→ PROBLEM:
Make an exact copy of the entries below.

→ GIVEN RECORDS:

........

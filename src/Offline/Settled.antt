-- ===== src/Offline/Settled.antt =====
-- The operations of the queue keep every action settled that a sync has settled.
use vault_drive.Base.{
  ℕ, false, text_eq, option_eq, Option, none, some, List, ◌≡◌, inl, inr, ok, Option-cases,
  Bool-cases, ◌==◌, number_eq,
}
use vault_drive.Base.JsMap.{get, set, get-set, get-delete}
use vault_drive.Offline.Sync.{OfflineAction, SyncableOfflineAction}
use vault_drive.Offline.Queue.{
  OfflineQueue, Transaction, completes, request_fails, tx_fails, tx_aborts, OfflineActionUpdate,
  settle, patched, update_queue_item, remove_queue_item,
}
use vault_drive.Base.JsMap.{get-set_here}
use vault_drive.Base.{All, All-map}
use vault_drive.Offline.Fate.{stored}
use vault_drive.Offline.Sync.{is_pending, Status}

-- Not there, or not pending: such an action is held for review.
abbrev pub Settled : Option OfflineAction → Type 0
Settled none = Unit
Settled (some a) = is_pending a.status ≡ false

abbrev pub AllSettled : OfflineQueue → List SyncableOfflineAction → Type 0
AllSettled q = All (λ a. Settled (stored a.id q))

abbrev pub Keeps : OfflineQueue → OfflineQueue → Type 0
Keeps q q' = (k : ℕ) → Settled (stored k q) → Settled (stored k q')

pub AllSettled-Keeps :
    (q q' : OfflineQueue) (chunk : List SyncableOfflineAction)
    → Keeps q q'
    → AllSettled q chunk
    → AllSettled q' chunk
AllSettled-Keeps q q' chunk keeps = All-map chunk (λ a. keeps a.id)

pub still_settled :
    (q q' : OfflineQueue) (chunks : List (List SyncableOfflineAction))
    → Keeps q q'
    → All (AllSettled q) chunks
    → All (AllSettled q') chunks
still_settled q q' chunks keeps = All-map chunks (λ c. AllSettled-Keeps q q' c keeps)

pub settle-Keeps :
    (tx : Transaction) (q q' : OfflineQueue) → Keeps q q' → Keeps q (settle tx (tt {0}) q q').1
unfolding settle
settle-Keeps completes q q' h = h
settle-Keeps (request_fails e) q q' h = λ k s. s
settle-Keeps (tx_fails e) q q' h = λ k s. s
settle-Keeps (tx_aborts e) q q' h = λ k s. s

-- A patch whose status is not pending.
abbrev pub IsReview : OfflineActionUpdate → Type 0
IsReview patch = (s : Option Status) × (patch.status ≡ some s) × (is_pending s ≡ false)

pub patched-Settled :
    (id : ℕ) (patch : OfflineActionUpdate) (a : OfflineAction)
    → IsReview patch
    → Settled (some (patched id patch a))
unfolding patched
patched-Settled id patch a (s, e, h) = rw e h

pub set-Keeps :
    (id : ℕ) (a : OfflineAction) (q : OfflineQueue)
    → Settled (some a)
    → Keeps q (record q { items = set id a q.items })
set-Keeps id a q settled k s = elim (Bool-cases (id == k)) [
  | inl same ↦ rw (get-set id k a q.items, same) settled
  | inr other ↦ rw (get-set id k a q.items, other) s
]

pub update_queue_item-Keeps :
    (tx : Transaction) (id : ℕ) (patch : OfflineActionUpdate) (q : OfflineQueue)
    → IsReview patch
    → Keeps q (update_queue_item tx id patch q).1
unfolding update_queue_item
update_queue_item-Keeps tx id patch q h = elim (Option-cases (get id q.items)) [
  | inl missing ↦ rw (update_queue_item, missing) (λ k s. s)
  | inr (a, found) ↦
      rw (update_queue_item, found)
        (settle-Keeps tx q _ (set-Keeps id (patched id patch a) q (patched-Settled id patch a h)))
]

pub settle-Settled :
    (tx : Transaction) (k : ℕ) (q q' : OfflineQueue)
    → (settle tx (tt {0}) q q').0 ≡ ok tt
    → Settled (stored k q')
    → Settled (stored k (settle tx (tt {0}) q q').1)
unfolding settle
settle-Settled completes k q q' done h = h
settle-Settled (request_fails e) k q q' done h = cc done
settle-Settled (tx_fails e) k q q' done h = cc done
settle-Settled (tx_aborts e) k q q' done h = cc done

-- When the update is made, the item is settled.
pub update_queue_item-Settled :
    (tx : Transaction) (id : ℕ) (patch : OfflineActionUpdate) (q : OfflineQueue)
    → IsReview patch
    → (update_queue_item tx id patch q).0 ≡ ok tt
    → Settled (stored id (update_queue_item tx id patch q).1)
unfolding update_queue_item
update_queue_item-Settled tx id patch q h done = elim (Option-cases (get id q.items)) [
  | inl missing ↦ rw (update_queue_item, missing) (rw missing tt)
  | inr (a, found) ↦
      rw (update_queue_item, found)
        (settle-Settled tx id q _ (rw (update_queue_item, found) at done)
          (rw (get-set_here id (patched id patch a) q.items) (patched-Settled id patch a h)))
]

pub remove_queue_item-Keeps :
    (tx : Transaction) (id : ℕ) (q : OfflineQueue) → Keeps q (remove_queue_item tx id q).1
unfolding remove_queue_item
remove_queue_item-Keeps tx id q = settle-Keeps tx q _ λ k s. elim (Bool-cases (id == k)) [
  | inl same ↦ rw (get-delete id k q.items, same) tt
  | inr other ↦ rw (get-delete id k q.items, other) s
]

........

→ RESULT:
filename src/Offline/Settled.antt
-- ===== src/Offline/Settled.antt =====
-- The operations of the queue keep every action settled that a sync has settled.
use vault_drive.Base.{
  ℕ, false, text_eq, option_eq, Option, none, some, List, ◌≡◌, inl, inr, ok, Option-cases,
  Bool-cases, ◌==◌, number_eq,
}
use vault_drive.Base.JsMap.{get, set, get-set, get-delete}
use vault_drive.Offline.Sync.{OfflineAction, SyncableOfflineAction}
use vault_drive.Offline.Queue.{
  OfflineQueue, Transaction, completes, request_fails, tx_fails, tx_aborts, OfflineActionUpdate,
  settle, patched, update_queue_item, remove_queue_item,
}
use vault_drive.Base.JsMap.{get-set_here}
use vault_drive.Base.{All, All-map}
use vault_drive.Offline.Fate.{stored}
use vault_drive.Offline.Sync.{is_pending, Status}

-- Not there, or not pending: such an action is held for review.
abbrev pub Settled : Option OfflineAction → Type 0
Settled none = Unit
Settled (some a) = is_pending a.status ≡ false

abbrev pub AllSettled : OfflineQueue → List SyncableOfflineAction → Type 0
AllSettled q = All (λ a. Settled (stored a.id q))

abbrev pub Keeps : OfflineQueue → OfflineQueue → Type 0
Keeps q q' = (k : ℕ) → Settled (stored k q) → Settled (stored k q')

pub AllSettled-Keeps :
    (q q' : OfflineQueue) (chunk : List SyncableOfflineAction)
    → Keeps q q'
    → AllSettled q chunk
    → AllSettled q' chunk
AllSettled-Keeps q q' chunk keeps = All-map chunk (λ a. keeps a.id)

pub still_settled :
    (q q' : OfflineQueue) (chunks : List (List SyncableOfflineAction))
    → Keeps q q'
    → All (AllSettled q) chunks
    → All (AllSettled q') chunks
still_settled q q' chunks keeps = All-map chunks (λ c. AllSettled-Keeps q q' c keeps)

pub settle-Keeps :
    (tx : Transaction) (q q' : OfflineQueue) → Keeps q q' → Keeps q (settle tx (tt {0}) q q').1
unfolding settle
settle-Keeps completes q q' h = h
settle-Keeps (request_fails e) q q' h = λ k s. s
settle-Keeps (tx_fails e) q q' h = λ k s. s
settle-Keeps (tx_aborts e) q q' h = λ k s. s

-- A patch whose status is not pending.
abbrev pub IsReview : OfflineActionUpdate → Type 0
IsReview patch = (s : Option Status) × (patch.status ≡ some s) × (is_pending s ≡ false)

pub patched-Settled :
    (id : ℕ) (patch : OfflineActionUpdate) (a : OfflineAction)
    → IsReview patch
    → Settled (some (patched id patch a))
unfolding patched
patched-Settled id patch a (s, e, h) = rw e h

pub set-Keeps :
    (id : ℕ) (a : OfflineAction) (q : OfflineQueue)
    → Settled (some a)
    → Keeps q (record q { items = set id a q.items })
set-Keeps id a q settled k s = elim (Bool-cases (id == k)) [
  | inl same ↦ rw (get-set id k a q.items, same) settled
  | inr other ↦ rw (get-set id k a q.items, other) s
]

pub update_queue_item-Keeps :
    (tx : Transaction) (id : ℕ) (patch : OfflineActionUpdate) (q : OfflineQueue)
    → IsReview patch
    → Keeps q (update_queue_item tx id patch q).1
unfolding update_queue_item
update_queue_item-Keeps tx id patch q h = elim (Option-cases (get id q.items)) [
  | inl missing ↦ rw (update_queue_item, missing) (λ k s. s)
  | inr (a, found) ↦
      rw (update_queue_item, found)
        (settle-Keeps tx q _ (set-Keeps id (patched id patch a) q (patched-Settled id patch a h)))
]

pub settle-Settled :
    (tx : Transaction) (k : ℕ) (q q' : OfflineQueue)
    → (settle tx (tt {0}) q q').0 ≡ ok tt
    → Settled (stored k q')
    → Settled (stored k (settle tx (tt {0}) q q').1)
unfolding settle
settle-Settled completes k q q' done h = h
settle-Settled (request_fails e) k q q' done h = cc done
settle-Settled (tx_fails e) k q q' done h = cc done
settle-Settled (tx_aborts e) k q q' done h = cc done

-- When the update is made, the item is settled.
pub update_queue_item-Settled :
    (tx : Transaction) (id : ℕ) (patch : OfflineActionUpdate) (q : OfflineQueue)
    → IsReview patch
    → (update_queue_item tx id patch q).0 ≡ ok tt
    → Settled (stored id (update_queue_item tx id patch q).1)
unfolding update_queue_item
update_queue_item-Settled tx id patch q h done = elim (Option-cases (get id q.items)) [
  | inl missing ↦ rw (update_queue_item, missing) (rw missing tt)
  | inr (a, found) ↦
      rw (update_queue_item, found)
        (settle-Settled tx id q _ (rw (update_queue_item, found) at done)
          (rw (get-set_here id (patched id patch a) q.items) (patched-Settled id patch a h)))
]

pub remove_queue_item-Keeps :
    (tx : Transaction) (id : ℕ) (q : OfflineQueue) → Keeps q (remove_queue_item tx id q).1
unfolding remove_queue_item
remove_queue_item-Keeps tx id q = settle-Keeps tx q _ λ k s. elim (Bool-cases (id == k)) [
  | inl same ↦ rw (get-delete id k q.items, same) tt
  | inr other ↦ rw (get-delete id k q.items, other) s
]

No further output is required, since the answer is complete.